**Saved entries**

+ + +

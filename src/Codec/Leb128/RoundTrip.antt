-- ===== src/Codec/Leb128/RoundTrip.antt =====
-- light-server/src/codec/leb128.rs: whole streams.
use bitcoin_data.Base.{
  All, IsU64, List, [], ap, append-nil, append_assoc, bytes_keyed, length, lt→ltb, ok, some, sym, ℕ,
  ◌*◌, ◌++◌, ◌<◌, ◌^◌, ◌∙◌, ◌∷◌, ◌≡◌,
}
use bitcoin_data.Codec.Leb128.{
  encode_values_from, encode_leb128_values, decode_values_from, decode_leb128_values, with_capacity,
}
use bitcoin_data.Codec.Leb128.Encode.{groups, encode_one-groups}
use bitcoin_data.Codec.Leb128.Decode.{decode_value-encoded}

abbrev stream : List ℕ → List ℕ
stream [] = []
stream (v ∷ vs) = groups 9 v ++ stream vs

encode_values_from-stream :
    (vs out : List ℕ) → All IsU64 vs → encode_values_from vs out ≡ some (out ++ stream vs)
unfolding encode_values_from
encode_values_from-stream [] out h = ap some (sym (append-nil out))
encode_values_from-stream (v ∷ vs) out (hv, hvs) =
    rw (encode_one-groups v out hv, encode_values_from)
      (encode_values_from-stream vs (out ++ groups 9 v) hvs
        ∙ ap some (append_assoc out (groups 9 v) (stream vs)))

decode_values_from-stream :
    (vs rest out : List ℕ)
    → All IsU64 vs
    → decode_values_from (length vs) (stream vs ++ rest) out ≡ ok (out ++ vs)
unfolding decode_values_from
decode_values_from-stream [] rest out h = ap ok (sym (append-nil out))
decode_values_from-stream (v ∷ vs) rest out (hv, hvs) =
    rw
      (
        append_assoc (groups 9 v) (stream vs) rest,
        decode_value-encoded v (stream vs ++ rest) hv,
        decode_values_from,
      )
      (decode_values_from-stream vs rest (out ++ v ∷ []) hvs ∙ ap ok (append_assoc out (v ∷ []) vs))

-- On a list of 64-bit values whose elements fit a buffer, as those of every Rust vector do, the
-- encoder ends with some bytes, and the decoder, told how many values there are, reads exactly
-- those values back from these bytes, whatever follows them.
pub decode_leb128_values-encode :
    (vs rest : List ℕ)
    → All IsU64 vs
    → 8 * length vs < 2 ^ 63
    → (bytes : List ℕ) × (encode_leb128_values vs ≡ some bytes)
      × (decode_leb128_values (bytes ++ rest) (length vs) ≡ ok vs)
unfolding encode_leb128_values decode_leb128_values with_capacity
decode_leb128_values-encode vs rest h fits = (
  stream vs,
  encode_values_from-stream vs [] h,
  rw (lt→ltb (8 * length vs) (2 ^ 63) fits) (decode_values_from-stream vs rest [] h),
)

+ + +

**Task details**
Only lines with the word "encoded" are wanted. Find and copy them from the records above.

**Final answer**
use bitcoin_data.Codec.Leb128.Decode.{decode_value-encoded}
        decode_value-encoded v (stream vs ++ rest) hv,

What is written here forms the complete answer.